*My Struggle*, volume two

by on April 29, 2013 at 3:21 pm in Books | Permalink

It arrives at my house today, by Karl O. Knausgaard.  Last year I read volume one and found it to be the equal of the great continental novels of the early part of the 20th century.  Here is Rachel Cusk at The Guardian on volume two; “…this deserves to be called perhaps the most significant literary enterprise of our times.”  That is not an exaggeration.  Here is related coverage from Literary Saloon.

1 Andrew April 29, 2013 at 3:58 pm

It’s just like science fiction, except–it’s the exact opposite.

2 Zach April 29, 2013 at 3:59 pm

Volume One was remarkable and perhaps the best recommendation I have ever received from this blog.

I pre-ordered Volume Two months ago although Amazon seems to have lost track of that fact. I wasn’t expecting it to be available for several more weeks!

3 tt April 29, 2013 at 4:04 pm

The unexamined life may not be worth living, but the overexamined life sure wastes a lot of it

4 Mikael April 29, 2013 at 4:56 pm

It’s pretty good, isn’t it? I’m currently on vol. 5 and it’s still good.

5 derek April 29, 2013 at 7:22 pm

http://www.cbc.ca/writersandcompany/episode/2013/02/03/karl-ove-knausgaard-interview/

An interview with the author. A great interviewer by the way, worth perusing the episodes.

6 Michael G Heller April 30, 2013 at 1:01 am

Extract — “that was what she dreamt about, for us to be one happy, contented family. All I ever dreamt about was for her to do her half of the housework”.

When – if ever – he plucks up the courage to be on his own he might develop a more interesting anger, like Thomas Bernhard, and he might also learn to love instead of hate his daily routines.

7 Ray Lopez April 30, 2013 at 2:00 am

Thanks for giving me an excuse not to read the book, now that you summarized it in one line. It seemed to me to be like a up-to-date Proust “Remembrance of Things Past”, or perhaps those modern novels that spend a book describing a single passing minute in a day, or the workings of a pencil (wait, that’s Milt Friedman’s famous essay, no?)

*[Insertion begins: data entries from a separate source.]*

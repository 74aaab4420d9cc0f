-- ===== src/Manager/Runs.antt =====
-- The manager of storage/memory/memtable_manager.go over time: the calls of the engine and of the one
-- goroutine that flushes tables (`doCompactMemTable` of storage/engine_compact_snap.go), which takes
-- a table when it has none.
use equinoxdb.Base.{ap, ◌∙◌, arith, ltb}
use equinoxdb.Manager.{wrote, delete_in_table}
use equinoxdb.Tables.{TableWrite, table_written, wal_failed, cache_failed, cache_panic, wal_panic}
use equinoxdb.Tables.{write_table}
use equinoxdb.Base.{◌+◌, ◌<◌, refl, inl, inr, Bool-cases}
use equinoxdb.Manager.{set_table, new_mem_table, with_new, Ensured, no_room, send_mem, after_new}
use equinoxdb.Manager.{ensure_mem, delete_in_tables}
use equinoxdb.Tables.{is_full}
use equinoxdb.Base.{ℕ, zero, suc, ◌≤◌, ◌≡◌, sym, subst, Bool, true, false, Option, none, some}
use equinoxdb.Base.{List, [], ◌∷◌, ◌++◌, ◌==◌, if◌then◌else◌, length}
use equinoxdb.Bytes.{Bytes}
use equinoxdb.Manager.{MemManager, ensured, not_created, ensure_mem_for_write}
use equinoxdb.Manager.{take_flush_mem_table, on_mem_table_flushed, write_multi_mem}
use equinoxdb.Manager.{delete_range_mem}
use equinoxdb.Wal.Log.{Snappy}
use equinoxdb.Wal.Sizes.{KeyValues}
use equinoxdb.Base.{◌>>=◌}

-- `taken` is the table that is being flushed; `released` are those whose flush `OnMemTableFlushed`
-- has taken out of the immutable ones; `given_up` tells whether the goroutine, at its end, has left a
-- table that it had taken.
pub record System : Type 0 where
  pub manager : MemManager
  pub taken : Option ℕ
  pub released : List ℕ
  pub given_up : Bool

abbrev pub one : Option ℕ → List ℕ
one none = []
one (some f) = f ∷ []

abbrev pub if_first : ℕ → List ℕ → List ℕ
if_first f [] = []
if_first f (i ∷ is) = if i == f then f ∷ [] else []

-- The numbers from `n` on.
abbrev pub upto : ℕ → ℕ → List ℕ
upto zero n = []
upto (suc k) n = n ∷ upto k (suc n)

pub data Step (s : Snappy) (a : System) : System → Type 0 where
  ensure_step :
      (can_create : Bool) (mm : MemManager)
      → ensure_mem_for_write can_create a.manager ≡ some (ensured mm)
      → Step s a (record a { manager = mm })
  fail_step :
      (can_create : Bool) (mm : MemManager)
      → ensure_mem_for_write can_create a.manager ≡ some (not_created mm)
      → Step s a (record a { manager = mm })
  write_step :
      (life h : Bytes → ℕ) (values : KeyValues) (mm : MemManager)
      → write_multi_mem s a.manager life h values ≡ some mm
      → Step s a (record a { manager = mm })
  delete_step :
      (keys : List Bytes) (min max : ℕ) (mm : MemManager)
      → delete_range_mem s a.manager keys min max ≡ some mm
      → Step s a (record a { manager = mm })
  take_step :
      (f : ℕ) (mm : MemManager)
      → a.taken ≡ none
      → take_flush_mem_table a.manager ≡ some (f, mm)
      → Step s a (record a { manager = mm; taken = some f })
  flushed_step :
      (f : ℕ) (mm : MemManager)
      → a.taken ≡ some f
      → on_mem_table_flushed a.manager f ≡ some mm
      → Step s a (record {
        manager = mm;
        taken = none;
        released = a.released ++ if_first f (a.manager).imm;
        given_up = a.given_up;
      })
  give_up_step : (f : ℕ) → a.taken ≡ some f → Step s a (record a { taken = none; given_up = true })

pub data Reach (s : Snappy) (a : System) : System → Type 0 where
  start : Reach s a a
  next : {b c : System} → Reach s a b → Step s b c → Reach s a c

pub record IsOrderly (a : System) : Type 0 where
  pub count : ℕ
  pub ids : a.released ++ ((a.manager).imm ++ one (a.manager).mem) ≡ upto count 1
  pub new_id : (a.manager).next_mem_fid ≡ suc count
  pub queued : a.given_up ≡ false → (a.manager).imm ≡ one a.taken ++ (a.manager).flush_ch
  pub bounded : length (a.manager).flush_ch ≤ (a.manager).num_mem_tables
  pub counted : (a.manager).flushing ≡ length (a.manager).imm

abbrev pub fresh : MemManager → MemManager
fresh mm = record (set_table mm mm.next_mem_fid (new_mem_table mm.max_mem_table_size)) {
  mem = some mm.next_mem_fid;
  next_mem_fid = suc mm.next_mem_fid;
}

-- What `EnsureMemForWrite` may do.
pub data Ensures (mm : MemManager) : Ensured → Type 0 where
  enough : Ensures mm (ensured mm)
  full_queue : Ensures mm no_room
  replaced :
      (fid : ℕ)
      → mm.mem ≡ some fid
      → length mm.flush_ch < mm.num_mem_tables
      → Ensures mm (ensured (fresh (send_mem fid mm)))
  without_new :
      (fid : ℕ)
      → mm.mem ≡ some fid
      → length mm.flush_ch < mm.num_mem_tables
      → Ensures mm (not_created (record (send_mem fid mm) { mem = none }))

pub inner : {A : Type 0} {x y : A} → some x ≡ some y → x ≡ y
inner e = cc

after_new-Ensures :
    (can_create : Bool) (mm : MemManager) (fid : ℕ)
    → mm.mem ≡ some fid
    → length mm.flush_ch < mm.num_mem_tables
    → Ensures mm (after_new (send_mem fid mm) (with_new can_create (send_mem fid mm)))
after_new-Ensures true mm fid e room = replaced fid e room
after_new-Ensures false mm fid e room = without_new fid e room

ensure_mem-Ensures :
    (can_create : Bool) (mm : MemManager) (m : Option ℕ) (r : Ensured)
    → mm.mem ≡ m
    → ensure_mem can_create mm m ≡ some r
    → Ensures mm r
ensure_mem-Ensures can_create mm none r e f = absurd (cc)
ensure_mem-Ensures can_create mm (some fid) r e f = elim (Bool-cases (is_full (mm.tables fid))) [
  | inl is_so ↦ elim (Bool-cases (ltb (length mm.flush_ch) mm.num_mem_tables)) [
    | inl room ↦
        subst (Ensures mm) (inner (rw (is_so, room) at f))
          (after_new-Ensures can_create mm fid e (ground arith))
    | inr crowded ↦ subst (Ensures mm) (inner (rw (is_so, crowded) at f)) full_queue
  ]
  | inr is_not ↦ subst (Ensures mm) (inner (rw is_not at f)) enough
]

pub ensure_mem_for_write-Ensures :
    (can_create : Bool) (mm : MemManager) (r : Ensured)
    → ensure_mem_for_write can_create mm ≡ some r
    → Ensures mm r
unfolding ensure_mem_for_write
ensure_mem_for_write-Ensures can_create mm r e = ensure_mem-Ensures can_create mm mm.mem r refl e

pub upto-snoc : (k n : ℕ) → upto (suc k) n ≡ upto k n ++ ((k + n) ∷ [])
upto-snoc zero n = ap (λ (m : ℕ). m ∷ []) (let e : n ≡ 0 + n = omega arith in e)
upto-snoc (suc k) n = ap (◌∷◌ n) (
    upto-snoc k (suc n)
    ∙ ap (λ (m : ℕ). upto k (suc n) ++ (m ∷ [])) (let e : k + suc n ≡ suc k + n = omega arith in e))

pub set_tables-IsOrderly :
    (a : System) (mm : MemManager)
    → mm ≡ record (a.manager) { tables = mm.tables }
    → IsOrderly a
    → IsOrderly (record a { manager = mm })
set_tables-IsOrderly a mm e v =
    subst (λ (nn : MemManager). IsOrderly (record a { manager = nn })) (sym e)
      (record {
        count = v.count;
        ids = v.ids;
        new_id = v.new_id;
        queued = v.queued;
        bounded = v.bounded;
        counted = v.counted;
      })

pub bind_cases :
    {A B : Type 0} (o : Option A) (f : A → Option B) (y : B)
    → (o >>= f) ≡ some y
    → (x : A) × (o ≡ some x) × (f x ≡ some y)
bind_cases none f y e = absurd (cc)
bind_cases (some x) f y e = (x, refl, e)

wrote-same :
    (s : Snappy) (mm nn : MemManager) (fid : ℕ) (r : TableWrite)
    → wrote s mm fid r ≡ some nn
    → nn ≡ record mm { tables = nn.tables }
wrote-same s mm nn fid (table_written t) e =
    let same : set_table mm fid t ≡ nn = inner e in
    subst (λ (m : MemManager). m ≡ record mm { tables = m.tables }) same refl
wrote-same s mm nn fid wal_failed e = absurd (cc)
wrote-same s mm nn fid (cache_failed w) e = absurd (cc)
wrote-same s mm nn fid (cache_panic w) e = absurd (cc)
wrote-same s mm nn fid wal_panic e = absurd (cc)

pub write-same :
    (s : Snappy) (mm nn : MemManager) (life h : Bytes → ℕ) (values : KeyValues)
    → write_multi_mem s mm life h values ≡ some nn
    → nn ≡ record mm { tables = nn.tables }
unfolding write_multi_mem
write-same s mm nn life h values e =
    let (fid, current, e1) = bind_cases mm.mem _ nn e in
    let (r, result, e2) = bind_cases (write_table s (mm.tables fid) life h values) _ nn e1 in
    wrote-same s mm nn fid r e2

pub delete-same :
    (s : Snappy) (mm nn : MemManager) (keys : List Bytes) (min max : ℕ) (fs : List ℕ)
    → delete_in_tables s keys min max mm fs ≡ some nn
    → nn ≡ record mm { tables = nn.tables }
unfolding delete_in_tables
delete-same s mm nn keys min max [] e =
    subst (λ (m : MemManager). m ≡ record mm { tables = m.tables }) (inner e) refl
delete-same s mm nn keys min max (f ∷ fs) e =
    let (t, done, e1) = bind_cases (delete_in_table s keys min max (mm.tables f)) _ nn e in
    delete-same s (set_table mm f t) nn keys min max fs e1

8 Steve Sailer April 30, 2013 at 2:00 am

“‘My Struggle’ … the equal of the great continental novels of the early part of the 20th century.”

Well, I think you are over-rating “My Struggle.” But surely we can agree that “Table Talk” was a weak sequel to “My Struggle,” completely lacking in plot.

9 Ray Lopez April 30, 2013 at 2:02 am

You’re a fan of Hitler I see. Can you name the book that Hitler wrote that was not published until the 1960s?

10 Yog Sothoth April 30, 2013 at 7:36 am

Yeah how is this book supposed to do a German translation with that title?

11 Steve Sailer April 30, 2013 at 6:49 pm

It’s a joke about Knausgaard’s obnoxious, attention-whoring choice of a title for his book.

12 Phil Goetz April 30, 2013 at 11:43 am

I notice that Hitler’s book “Mein Kampf” has zero reviews on Amazon (http://www.amazon.com/s/ref=ntt_athr_dp_sr_1?_encoding=UTF8&field-author=Adolf-%28Author%29%20Hitler&search-alias=books), and “Table Talk” isn’t even in stock.

I find it bizarre that people are fascinated with Hitler, and fascinated with evil, and pretend that they’re interested in preventing someone like Hitler from coming to power again, yet no one reads what he wrote. Which proves that they would rather have another world war than read something unpleasant. Or be suspected of liking Hitler.

(I guess I shouldn’t find this surprising, since about a billion people believe that God Almighty dictated one book containing all the wisdom humans need, yet never read it.)

I also find it bizarre that Hitler was elected /after/ publishing Mein Kampf. The book drips with contempt for the German people, and it implies what Hitler was going to do. It even explains that Hitler planned to destroy the Jews because he believed the Germans were so stupid and herd-like that the only way they could be united was through hate. Politicians today are desperate to avoid saying what they really think, because they think voters are rational and will hold it against them. Hitler would probably have said, It doesn’t matter what you say; people don’t read, those who do, don’t think; those few who think will assume you’re talking about somebody else. And he proved himself right.

13 tt April 30, 2013 at 11:50 am

amazon must be filtering/censoring those reviews

14 Urso April 30, 2013 at 2:54 pm

Amazon might be *required* to filter/censor those reviews by certain gov’ts.

15 Andy April 30, 2013 at 2:52 pm

Great book, big buuuummmmer. Not sure if I’m up to Vol 2. just yet. The dead parent house cleaning was interminable, much like I imagine the real thing is. I’ve moved on to Alice Munro stories, also a great recommendation.